« Sacro GRA », Sacré Rosi

« Nous ne sommes pas suffisamment préparés pour combattre une telle organisation …et ils parlent entre eux, cette rumeur à un sens synonyme de destruction… » dit le botaniste à l’écoute des insectes mortifères qui envahissent les palmiers qu’il essaie de sauver. Le botaniste ausculte les palmeraies qui poussent en contrebas du GRA, le Grande Raccordo Anulare, le périphérique de Rome où se déversent chaque jour des dizaines de milliers de véhicules engagés dans une course sans fin. Armé de ses instruments scientifiques sophistiqués, fabricant des antidotes, résolu à combattre mais sans illusions et dans une solitude totale, l’homme incarne peut-être la lutte désespérée contre la toute-puissance de la mafia ou l’impuissance face à un berlusconisme toujours rampant ? Peut-être. Il nous parle, en tous cas, de l’Italie contemporaine [[Voir également à ce sujet mon article « Filmer le Vide » dans le prochain numéro de Politique (n° 85) qui sort le 1er mai]] et il est, l’un des personnages clefs du film de Gianfranco Rosi, « Sacro GRA » qui est sorti en salle cette semaine en Belgique.

Gianfranco Rosi, dont le documentaire a été couronné par le dernier Lion d’Or à Venise, est un cinéaste parcimonieux – 5 films en près de 20 ans – mais l’expression « cinéma en immersion » semble avoir été inventée pour lui. Tous ses films sont le résultat d’une longue et profonde (en)quête en personnages. Dans « Below sea level » (2008) ou « El Sicario Room 164 »(2010), qu’il s’agisse d’un tueur à gage mexicain pour le second ou, pour le premier, des marginaux américains exilés dans le désert du Nouveau Mexique, Rosi façonne une relation très particulière avec ceux qu’il filme. Elle n’est pas toujours sans ambiguïtés mais aboutit finalement à l’objectif rêvé de tout documentariste : la « bonne distance » fruit d’une confiance réciproque mais où chacun préserve son indépendance. Le résultat est encore plus frappant avec « Sacro GRA ».
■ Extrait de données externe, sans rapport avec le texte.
-- ===== src/HttpApi.antt =====
-- backend/internal/httpapi/handler.go: the requests about documents, as functions of the database.
pub mod Documents
use yata_collaborative_edito.Base.{
  ℕ, Bool, true, false, not, Option, none, some, List, [], Text, codes, text_eq, is_empty,
  if◌then◌else◌,
}
use yata_collaborative_edito.Protocol.Messages.{Bytes}
use yata_collaborative_edito.Catalog.{
  CatalogError, err_no_rows, Result, returned, raised, create_document, rename_document,
  list_documents, get_document_by_id,
}
use yata_collaborative_edito.Catalog.Tables.{DocumentMetadata, Sql}

-- What http.Error is given
pub data Problem : Type 0 where
  -- an error of encoding/json
  json_problem : Problem
  -- "name cannot be empty"
  empty_name : Problem
  -- "method not allowed"
  wrong_method : Problem
  -- "could not create the document"
  not_created : Problem
  -- an error of crypto/rand
  no_random : Problem
  -- an error of the catalog
  catalog_problem : CatalogError → Problem

-- A response: its status, with the JSON that is written or the text of an error
pub data Response : Type 0 where
  wrote : (status : ℕ) → Bytes → Response
  http_error : (status : ℕ) → Problem → Response

abbrev pub status : Response → ℕ
status (wrote code _) = code
status (http_error code _) = code

-- encoding/json at the types of the requests and answers: `Decode` of a Value gives its name
pub record ApiJson (Time : Type 0) : Type 0 where
  pub decode_value : Bytes → Option Text
  pub marshal_document : DocumentMetadata Time → Option Bytes
  pub marshal_documents : List (DocumentMetadata Time) → Option Bytes

module _ {Time : Type 0} (sql : Sql Time) (json : ApiJson Time) where
  open sql use {Database}

  -- The case of GET
  unfoldable pub get_documents : Database → Response
  get_documents db = elim (list_documents sql db) [
    | raised e ↦ http_error 500 (catalog_problem e)
    | returned list ↦ elim (json.marshal_documents list) [
      | none ↦ http_error 500 json_problem
      | some documents ↦ wrote 200 documents
    ]
  ]

  -- The case of POST, with what time.Now and generateUUID give
  unfoldable pub post_document :
      Database → (now later : Time) → (uuid : Option Text) → (body : Bytes) → Database × Response
  post_document db now later uuid body = elim (json.decode_value body) [
    | none ↦ (db, http_error 400 json_problem)
    | some name ↦ if is_empty name then (db, http_error 400 empty_name) else elim uuid [
      | none ↦ (db, http_error 500 no_random)
      | some id ↦
          let (db', created) = create_document sql db now later id name in
          elim created [
            | raised _ ↦ (db', http_error 500 not_created)
            | returned document ↦ elim (json.marshal_document document) [
              | none ↦ (db', http_error 500 not_created)
              | some data_bytes ↦ (db', wrote 201 data_bytes)
            ]
          ]
    ]
  ]

  -- documents
  unfoldable pub documents :
      Database
      → (now later : Time) → (uuid : Option Text) → (method : Text) → (body : Bytes)
      → Database × Response
  documents db now later uuid method body =
      if text_eq method (codes "GET")
      then (db, get_documents db)
      else if text_eq method (codes "POST")
      then post_document db now later uuid body
      else (db, http_error 405 wrong_method)

  -- The end of patchDocument, after the renaming
  unfoldable pub renamed_document : Database → (id : Text) → Response
  renamed_document db id = elim (get_document_by_id sql db id) [
    | raised CatalogError.err_no_rows ↦ http_error 404 (catalog_problem err_no_rows)
    | raised e ↦ http_error 500 (catalog_problem e)
    | returned document ↦ elim (json.marshal_document document) [
      | none ↦ http_error 500 json_problem
      | some data_bytes ↦ wrote 200 data_bytes
    ]
  ]

  -- patchDocument
  unfoldable pub patch_document :
      Database → (now : Time) → (method id : Text) → (body : Bytes) → Database × Response
  patch_document db now method id body =
      if not (text_eq method (codes "PATCH"))
      then (db, http_error 405 wrong_method)
      else elim (json.decode_value body) [
        | none ↦ (db, http_error 400 json_problem)
        | some name ↦
            if is_empty name
            then (db, http_error 400 empty_name)
            else (let (db', error) = rename_document sql db now id name in
                elim error [
                  | some e ↦ (db', http_error 500 (catalog_problem e))
                  | none ↦ (db', renamed_document db' id)
                ])
      ]
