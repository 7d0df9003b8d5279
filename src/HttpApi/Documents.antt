-- ===== src/HttpApi/Documents.antt =====
-- What the requests do to the documents, and an answer that none of them gives.
use yata_collaborative_edito.Base.{
  ℕ, true, false, Option, none, some, List, ◌≡◌, ◌≢◌, ◌∙◌, ◌⊎◌, ◌↔◌, refl, ap, inl, inr, arith,
  if◌then◌else◌, ◌==◌, Text, codes, text_eq, text_eq_iff, is_empty, In, Bool-cases, Option-cases,
}
use yata_collaborative_edito.Protocol.Messages.{Bytes}
use yata_collaborative_edito.Catalog.{
  create_document, rename_document, list_documents, get_document_by_id,
}
use yata_collaborative_edito.Catalog.Tables.{
  DocumentMetadata, Sql, SqlLaws, Row, found, no_rows, query_failed, count,
}
use yata_collaborative_edito.HttpApi.{
  json_problem, not_created, Response, wrote, http_error, status, ApiJson, post_document,
  get_documents, documents, renamed_document, patch_document,
}

Row-cases :
    {A : Type 0} (r : Row A) → (r ≡ no_rows) ⊎ ((r ≡ query_failed) ⊎ ((a : A) × (r ≡ found a)))
Row-cases no_rows = inl refl
Row-cases query_failed = inr (inl refl)
Row-cases (found a) = inr (inr (a, refl))

is_patch : text_eq (codes "PATCH") (codes "PATCH") ≡ true
unfolding text_eq
is_patch = refl

is_get : text_eq (codes "GET") (codes "GET") ≡ true
unfolding text_eq
is_get = refl

is_post :
    (text_eq (codes "POST") (codes "GET") ≡ false) × (text_eq (codes "POST") (codes "POST") ≡ true)
unfolding text_eq
is_post = (refl, refl)

module _ {Time : Type 0} (sql : Sql Time) (laws : SqlLaws sql) (json : ApiJson Time) where
  open sql use {Database, insert_row, update_rows, all_rows, row_of, kept}

  -- The answer to a request whose document is `m`
  abbrev pub answer : (code : ℕ) → Option Bytes → Response
  answer code none = http_error 500 json_problem
  answer code (some data_bytes) = wrote code data_bytes

  -- A PATCH with a name, of a document that is there, where the update returns no error: the name
  -- and the time of the document change and nothing else in the table; the answer has status 200
  -- and the changed document, unless that cannot be encoded.
  pub patch_renames :
      (db db' : Database) (now : Time) (id name : Text) (body : Bytes) (n : ℕ)
      (m : DocumentMetadata Time)
      → row_of db id ≡ found m
      → json.decode_value body ≡ some name
      → is_empty name ≡ false
      → update_rows db name now id ≡ some (db', some n)
      → (patch_document sql json db now (codes "PATCH") id body ≡ (
        db',
        answer 200 (json.marshal_document (record m { name = name; updated_at = kept now })),
      ))
        × ((other : Text)
            → row_of db' other ≡ (
                if text_eq id other
                then found (record m { name = name; updated_at = kept now })
                else row_of db other))
  unfolding patch_document rename_document renamed_document get_document_by_id
  patch_renames db db' now id name body n m there decoded filled updated = (
    ground (
      arith,
      is_patch,
      there,
      decoded,
      filled,
      updated,
      laws.update_count db db' name now id n updated,
      laws.row-update db db' name now id id (some n) updated,
      text_eq_iff id id,
    ),
    λ other. ground (
      arith,
      there,
      laws.row-update db db' name now id other (some n) updated,
      text_eq_iff id other,
    ),
  )

  -- A PATCH with a name of a document that is not there has status 500, and changes no document.
  pub patch_unknown :
      (db : Database) (now : Time) (id name : Text) (body : Bytes)
      → row_of db id ≡ no_rows
      → json.decode_value body ≡ some name
      → is_empty name ≡ false
      → (status (patch_document sql json db now (codes "PATCH") id body).1 ≡ 500)
        × ((other : Text)
            → row_of (patch_document sql json db now (codes "PATCH") id body).0 other
              ≡ row_of db other)
  unfolding patch_document rename_document
  patch_unknown db now id name body missing decoded filled =
      let patched = patch_document sql json db now (codes "PATCH") id body in
      elim (Option-cases (update_rows db name now id)) [
        | inl e ↦
            let same : patched.0 ≡ db = ground (arith, is_patch, decoded, filled, e) in
            (ground (arith, is_patch, decoded, filled, e), λ other. ap (λ x. row_of x other) same)
        | inr ((db', none), e) ↦
            let left : patched.0 ≡ db' = ground (arith, is_patch, decoded, filled, e) in
            (
              ground (arith, is_patch, decoded, filled, e),
              λ other.
                  ap (λ x. row_of x other) left
                  ∙ ground (
                    arith,
                    laws.row-update db db' name now id other none e,
                    text_eq_iff id other,
                    missing,
                  ),
            )
        | inr ((db', some n), e) ↦
            let counted = laws.update_count db db' name now id n e in
            let left : patched.0 ≡ db' =
              ground (arith, is_patch, decoded, filled, e, counted, missing) in
            (
              ground (arith, is_patch, decoded, filled, e, counted, missing),
              λ other.
                  ap (λ x. row_of x other) left
                  ∙ ground (
                    arith,
                    laws.row-update db db' name now id other (some n) e,
                    text_eq_iff id other,
                    missing,
                  ),
            )
      ]

  -- A document that has been renamed is there.
  renamed_is_found :
      (db db' : Database) (now : Time) (id name : Text) (n : ℕ)
      → update_rows db name now id ≡ some (db', some n)
      → (n == 1) ≡ true
      → status (renamed_document sql json db' id) ≢ 404
  unfolding renamed_document get_document_by_id
  renamed_is_found db db' now id name n updated one =
      let counted = laws.update_count db db' name now id n updated in
      let after = laws.row-update db db' name now id id (some n) updated in
      elim (Row-cases (row_of db id)) [
        | inl e ↦ absurd (ground (arith, e, counted, one))
        | inr (inl e) ↦ absurd (ground (arith, e, counted, one))
        | inr (inr (m, e)) ↦ ground (arith, e, after, text_eq_iff id id)
      ]

  -- No PATCH is answered with status 404.
  pub patch_never_404 :
      (db : Database) (now : Time) (method id : Text) (body : Bytes)
      → status (patch_document sql json db now method id body).1 ≢ 404
  unfolding patch_document rename_document
  patch_never_404 db now method id body = elim (Option-cases (json.decode_value body)) [
    | inl d ↦ ground (arith, d)
    | inr (name, d) ↦ elim (Option-cases (update_rows db name now id)) [
      | inl e ↦ ground (arith, d, e)
      | inr ((db', none), e) ↦ ground (arith, d, e)
      | inr ((db', some n), e) ↦ elim (Bool-cases (n == 1)) [
        | inl one ↦ ground (arith, d, e, one, renamed_is_found db db' now id name n e one)
        | inr other ↦ ground (arith, d, e, other)
      ]
    ]
  ]

  -- The answer to a POST whose document is `m`
  abbrev pub created_answer : DocumentMetadata Time → Response
  created_answer m = elim (json.marshal_document m) [
    | none ↦ http_error 500 not_created
    | some data_bytes ↦ wrote 201 data_bytes
  ]

  -- A POST with a name, where the insertion returns no error, is answered with status 201 and the
  -- document, or with 500 if that cannot be encoded. A GET after it, where the table can be read,
  -- changes nothing and is answered with status 200 and a list that has the new document, under the
  -- fresh identifier, and those of before, and no others, or with 500 if the list cannot be encoded.
  pub post_creates :
      (db db' : Database) (now later then_now then_later : Time) (id name : Text)
      (uuid : Option Text) (body get_body : Bytes) (rows : List (DocumentMetadata Time))
      → json.decode_value body ≡ some name
      → is_empty name ≡ false
      → insert_row db
          (record { document_id = id; name = name; created_at = now; updated_at = later })
        ≡ some db'
      → all_rows db' ≡ some rows
      → (documents sql json db now later (some id) (codes "POST") body ≡ (
        db',
        created_answer
            (record { document_id = id; name = name; created_at = now; updated_at = later }),
      ))
        × (documents sql json db' then_now then_later uuid (codes "GET") get_body
            ≡ (db', answer 200 (json.marshal_documents rows)))
        × ((m : DocumentMetadata Time)
            → In m rows ↔ (
                (m ≡ record {
                  document_id = id;
                  name = name;
                  created_at = kept now;
                  updated_at = kept later;
                })
                ⊎ (row_of db m.document_id ≡ found m)))
  unfolding documents post_document create_document list_documents get_documents
  post_creates db db' now later then_now then_later id name uuid body get_body rows decoded filled
        inserted read =
      let created : DocumentMetadata Time = record {
        document_id = id;
        name = name;
        created_at = now;
        updated_at = later;
      } in
      (
        ground (arith, is_post.0, is_post.1, decoded, filled, inserted),
        ground (arith, is_get, read),
        λ m.
            let listed_iff = laws.all_rows_iff db' rows m read in
            let after = laws.row-insert db db' created m.document_id inserted in
            elim (Bool-cases (text_eq id m.document_id)) [
              | inl same ↦
                  let fresh : count (row_of db m.document_id) ≡ 0 = ground (
                    arith,
                    same,
                    text_eq_iff id m.document_id,
                    laws.insert_fresh db db' created inserted,
                  ) in
                  ground (arith, same, listed_iff, after, fresh, text_eq_iff id m.document_id)
              | inr differs ↦
                  ground (arith, differs, listed_iff, after, text_eq_iff id m.document_id)
            ],
      )
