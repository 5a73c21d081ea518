-- ===== src/Tests/Path.antt =====
-- internal/core/pmtu on a path that carries 800 bytes.
use wg_frag_go.Common.{ℕ, ◌%◌, ◌==◌, ◌≡◌, refl, Bool, false, List, [], ◌∷◌, none, some, arith}
use wg_frag_go.Pmtu.{Config, State, new, identity, searching}
use wg_frag_go.Pmtu.Machine.{
  Event, starts, sends, acks, times_out, blackholes, start_with_hint, run,
}
use wg_frag_go.Pmtu.Inv.{Inv}
use wg_frag_go.Pmtu.Steps.{run-new-Inv}
use wg_frag_go.Pmtu.Live.{IsLive, run-start-IsLive}
use wg_frag_go.Pmtu.Converges.{drive, search_converges}

abbrev config : Config
config = record {
  base = 613;
  ceiling = 2000;
  canonicalize = none;
  probe_timeout = 1000000000;
  refresh_interval = 600000000000;
  confirmation_interval = 30000000000;
}

abbrev fresh : State
fresh = record {
  config = config;
  canonicalize = identity;
  confirmed = 613;
  low = 0;
  bad = 0;
  candidate = 0;
  rounds = record { first = 0; second = 0; third = 0 };
  results = 0;
  attempt = 0;
  in_flight = false;
  pending = false;
  deadline = 0;
  next_refresh = none;
  candidate_tries = 0;
  confirming = false;
  refreshing = false;
  confirmation_candidate = 0;
  confirm_failures = 0;
  next_confirmation = none;
  blackholed = false;
  srtt = 0;
  search_hint = 0;
}

new-fresh : new config ≡ some fresh
unfolding new
new-fresh = refl

abbrev calls : List (ℕ × Event)
calls =
    (1, starts)
    ∷ (2, sends)
    ∷ (3, acks 1 1226)
    ∷ (4, sends)
    ∷ (9000000000, times_out)
    ∷ (10, blackholes)
    ∷ []

run-new-Inv_example : Inv (run fresh calls)
run-new-Inv_example = run-new-Inv config fresh calls (omega arith) new-fresh

run-start-IsLive_example : IsLive (run (start_with_hint fresh 5 900) calls)
run-start-IsLive_example = run-start-IsLive config fresh 5 900 calls (omega arith) new-fresh

-- Losses of probes of an even size are reported.
abbrev by_parity : ℕ → Bool
by_parity size = size % 2 == 0

search_converges_example :
    let s = drive by_parity 800 2777 (start_with_hint fresh 1 900) 1 in
    (s.confirmed ≡ 800) × (searching s ≡ false)
search_converges_example =
    search_converges by_parity config 800 900 1 2777 fresh refl (omega arith) (omega arith)
      (omega arith) new-fresh (omega arith)
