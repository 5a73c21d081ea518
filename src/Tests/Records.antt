-- ===== src/Tests/Records.antt =====
-- internal/core/carrier at concrete records.
use wg_frag_go.Common.{
  ℕ, ◌≡◌, ◌≢◌, refl, List, [], ◌∷◌, ◌++◌, Option, none, some, ok, arith, length, drop, replicate,
}
use wg_frag_go.Bytes.{IsBytes}
use wg_frag_go.Carrier.Errors.{CarrierError, header_too_short}
use wg_frag_go.Carrier.Record.{Header, Record, validate, marshal_to, decode_record, parse}
use wg_frag_go.Carrier.Record.RoundTrip.{
  IsHeader, Decoded, marshal_then_decode, decode_record-Decoded,
}
use wg_frag_go.Carrier.Record.Stream.{
  IsRecord, encode_all, Framed, parse_total, parse-encode_all, parse-Framed,
}

-- The record of TestMarshalTo in record_test.go.
abbrev header : Header
header = record {
  fragment_index = 1;
  fragment_count = 3;
  lane_id = 0x56;
  data_session_id = 0x1234;
  lane_sequence = 0x789abcde;
  offset = 0x0102;
}

abbrev content : List ℕ
content = 0xaa ∷ 0xbb ∷ 0xcc ∷ []

abbrev wire : List ℕ
wire =
    0x00 ∷ 0x0f ∷ 0x12 ∷ 0x56 ∷ 0x12 ∷ 0x34 ∷ 0x78 ∷ 0x9a ∷ 0xbc ∷ 0xde ∷ 0x01 ∷ 0x02 ∷ 0xaa ∷ 0xbb
    ∷ 0xcc ∷ []

abbrev sample : Record
sample = record { header = header; content = content }

marshal_sample : marshal_to (replicate 16 7) header content ≡ ok (15, wire ++ 7 ∷ [])
unfolding marshal_to
marshal_sample = refl

decode_sample : decode_record wire ≡ ok (sample, 15)
unfolding decode_record
decode_sample = refl

header-IsHeader : IsHeader header
header-IsHeader = omega arith

sample-IsRecord : IsRecord sample
sample-IsRecord = record { header_ok = omega arith; valid = omega arith }

wire-IsBytes : IsBytes wire
wire-IsBytes = omega arith

-- A callback that keeps the records it sees, the newest first.
abbrev collect : List Record → Record → List Record × Option CarrierError
collect seen r = (r ∷ seen, none)

abbrev as_is : CarrierError → CarrierError
as_is e = e

parse-sample : parse as_is collect [] (wire ++ wire) ≡ some (sample ∷ sample ∷ [], none)
unfolding parse decode_record
parse-sample = refl

parse_trailing : parse as_is collect [] (wire ++ 0 ∷ []) ≡ some (sample ∷ [], some header_too_short)
unfolding parse decode_record
parse_trailing = refl

header_ok : validate header 3 ≡ ok tt
unfolding validate
header_ok = refl

marshal_then_decode_example :
    (out : List ℕ) × (marshal_to (replicate 16 7) header content ≡ ok (15, out))
    × (decode_record out ≡ ok (sample, 15))
    × (length out ≡ 16)
    × (drop 15 out ≡ 7 ∷ [])
marshal_then_decode_example =
    marshal_then_decode (replicate 16 7) header content header-IsHeader header_ok (omega arith)

decode_record-Decoded_example : Decoded wire sample 15
decode_record-Decoded_example = decode_record-Decoded wire sample 15 wire-IsBytes decode_sample

parse_total_example :
    (out : List Record × Option CarrierError) × (parse as_is collect [] (0 ∷ 1 ∷ []) ≡ some out)
parse_total_example = parse_total as_is collect [] (0 ∷ 1 ∷ [])

parse-encode_all_example :
    parse as_is collect [] (encode_all (sample ∷ sample ∷ [])) ≡ some (sample ∷ sample ∷ [], none)
parse-encode_all_example =
    parse-encode_all as_is collect [] sample (sample ∷ []) (sample-IsRecord, (sample-IsRecord, tt))

parse-Framed_example :
    (wire ++ wire ≢ []) × Framed as_is collect [] (wire ++ wire) (sample ∷ sample ∷ [])
parse-Framed_example =
    parse-Framed as_is collect [] (sample ∷ sample ∷ []) (wire ++ wire) (omega arith) parse-sample
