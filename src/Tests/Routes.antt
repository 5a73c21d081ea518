-- ===== src/Tests/Routes.antt =====
-- internal/core/peerroute: 64.0.0.0/2 is the first peer's, 96.0.0.0/3 the second one's.
use wg_frag_go.Common.{
  ◌≤◌, ◌++◌, drop, replicate, ℕ, ◌≡◌, ◌*◌, ◌↔◌, refl, Bool, true, false, not, ◌&&◌, List, [], ◌∷◌,
  some, ok, arith, ◌==◌, if◌then◌else◌,
}
use wg_frag_go.PeerRoute.{address_bit, child, insert_from, insert, lookup_from, lookup}
use wg_frag_go.PeerRoute.Snapshot.{
  Netip, AllowedIp, Snapshot, valid_lookup_address, valid_allowed_prefix, find_seen, insert_prefix,
  add_route, build, new_snapshot, lookup_peer, validate_source,
}
use wg_frag_go.PeerRoute.Walk.{path_from}
use wg_frag_go.PeerRoute.Bits.{number_after, number-path_from}
use wg_frag_go.PeerRoute.Snapshot.Longest.{Finds, Owns, lookup_peer-Finds, validate_source-Owns}
use wg_frag_go.PeerRoute.CarrierAddress.{
  Digests, derive_unique_carrier_addresses, derive_from, derive_carrier_address, find_address,
  address_bytes, is_all_zero, combine,
}
use wg_frag_go.PeerRoute.CarrierAddress.Unique.{
  Derives, AreApart, derive_unique_carrier_addresses-AreApart,
}
use wg_frag_go.PeerRoute.Snapshot.Errors.{Decides, new_snapshot-Decides}

abbrev Addr : Type 0
Addr = Bool × List ℕ

abbrev same_list : List ℕ → List ℕ → Bool
same_list [] [] = true
same_list (a ∷ xs) (b ∷ ys) = (a == b) && same_list xs ys
same_list [] (b ∷ ys) = false
same_list (a ∷ xs) [] = false

-- An address is its family and its bytes; a prefix is given with its bits already masked.
abbrev network : Netip Addr (Addr × ℕ)
network = record {
  is_valid = λ a. true;
  zoned = λ a. false;
  is4in6 = λ a. false;
  is4 = λ a. a.0;
  as4 = λ a. a.1;
  as16 = λ a. a.1;
  prefix_valid = λ p. true;
  addr = λ p. p.0;
  bits = λ p. p.1;
  masked = λ p. p;
  same = λ p q. (if p.0.0 then q.0.0 else not q.0.0) && (p.1 == q.1) && same_list p.0.1 q.0.1;
}

abbrev wide : AllowedIp (Addr × ℕ)
wide = record { prefix = ((true, 64 ∷ 0 ∷ 0 ∷ 0 ∷ []), 2); peer_id = 1 }

abbrev narrow : AllowedIp (Addr × ℕ)
narrow = record { prefix = ((true, 96 ∷ 0 ∷ 0 ∷ 0 ∷ []), 3); peer_id = 2 }

abbrev snapshot : Snapshot
snapshot = record {
  v4 =
      record { zero_child = 2; one_child = 0; peer_id = 0; has_peer = false }
      ∷ record { zero_child = 0; one_child = 3; peer_id = 0; has_peer = false }
      ∷ record { zero_child = 0; one_child = 4; peer_id = 1; has_peer = true }
      ∷ record { zero_child = 0; one_child = 0; peer_id = 2; has_peer = true }
      ∷ [];
  v6 = record { zero_child = 0; one_child = 0; peer_id = 0; has_peer = false } ∷ [];
  entries = 2;
}

builds : new_snapshot network (wide ∷ narrow ∷ []) ≡ ok snapshot
unfolding new_snapshot build find_seen valid_allowed_prefix add_route insert_prefix insert
    insert_from child address_bit
builds = refl

abbrev address : Addr
address = (true, 100 ∷ 1 ∷ 2 ∷ 3 ∷ [])

finds_narrow : lookup_peer network (some snapshot) address ≡ (2, true)
unfolding lookup_peer valid_lookup_address lookup lookup_from address_bit
finds_narrow = refl

finds_wide : lookup_peer network (some snapshot) (true, 70 ∷ 1 ∷ 2 ∷ 3 ∷ []) ≡ (1, true)
unfolding lookup_peer valid_lookup_address lookup lookup_from address_bit
finds_wide = refl

lookup_peer-Finds_example :
    Finds network (wide ∷ narrow ∷ []) address (lookup_peer network (some snapshot) address)
lookup_peer-Finds_example = lookup_peer-Finds network (wide ∷ narrow ∷ []) snapshot address builds

validate_source-Owns_example :
    (validate_source network (some snapshot) 2 address ≡ true)
    ↔ Owns network (wide ∷ narrow ∷ []) 2 address
validate_source-Owns_example =
    validate_source-Owns network (wide ∷ narrow ∷ []) snapshot 2 address builds

new_snapshot-Decides_example :
    Decides network (wide ∷ narrow ∷ wide ∷ []) (new_snapshot network (wide ∷ narrow ∷ wide ∷ []))
new_snapshot-Decides_example = new_snapshot-Decides network (wide ∷ narrow ∷ wide ∷ [])

-- A digest that is the key itself.
abbrev digests : Digests (List ℕ)
digests = record { sum256 = drop 27; from16 = λ bytes. bytes; same = same_list }

abbrev key_of : ℕ → List ℕ
key_of n = n ∷ replicate 31 0

abbrev address_of : ℕ → List ℕ
address_of n = 254 ∷ 128 ∷ replicate 6 0 ++ n ∷ replicate 7 0

derives_two :
    derive_unique_carrier_addresses digests (key_of 1 ∷ key_of 2 ∷ [])
    ≡ ok (address_of 1 ∷ address_of 2 ∷ [])
unfolding derive_unique_carrier_addresses derive_from derive_carrier_address find_address
    address_bytes is_all_zero combine
derives_two = refl

derive_unique_carrier_addresses-AreApart_example :
    (derive_unique_carrier_addresses digests (key_of 1 ∷ key_of 2 ∷ [])
      ≡ ok (address_of 1 ∷ address_of 2 ∷ []))
    ↔ ((1 ≤ 2)
        × Derives digests (key_of 1 ∷ key_of 2 ∷ []) (address_of 1 ∷ address_of 2 ∷ [])
        × AreApart digests (address_of 1 ∷ address_of 2 ∷ []))
derive_unique_carrier_addresses-AreApart_example =
    derive_unique_carrier_addresses-AreApart digests (key_of 1 ∷ key_of 2 ∷ [])
      (address_of 1 ∷ address_of 2 ∷ [])

number-path_from_example : number_after 0 (path_from 8 (8 * 1) (10 ∷ 77 ∷ 0 ∷ 1 ∷ [])) ≡ 77
number-path_from_example = number-path_from (10 ∷ 77 ∷ 0 ∷ 1 ∷ []) 1 (omega arith)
Le « palmologue » emblématique

A côté du « palmologue » emblématique, on trouve un pêcheur d’anguilles établi sur le Tibre, un aristocrate d’opérette qui loue son château , sorti tout droit des décors de Cinecitta, pour la réalisation de romans photos, un ambulancier à l’humour tendre qui sillonne la nuit et porte secours à de misérables guerriers de la route en perdition, quelques prostitués felliniennes hors d’âge, un intellectuel et noble turinois et sa fille étudiante réfugiés dans un HLM et dans leurs conversations : un monde qui n’en est pas vraiment un et où chacun semble s’être sauvé dans la marginalité. Autant de personnages ordinaires qui sous le regard de Rosi construisent une étrange dramaturgie des temps modernes à travers la géographie humaine du périphérique romain – le Sacro GRA-.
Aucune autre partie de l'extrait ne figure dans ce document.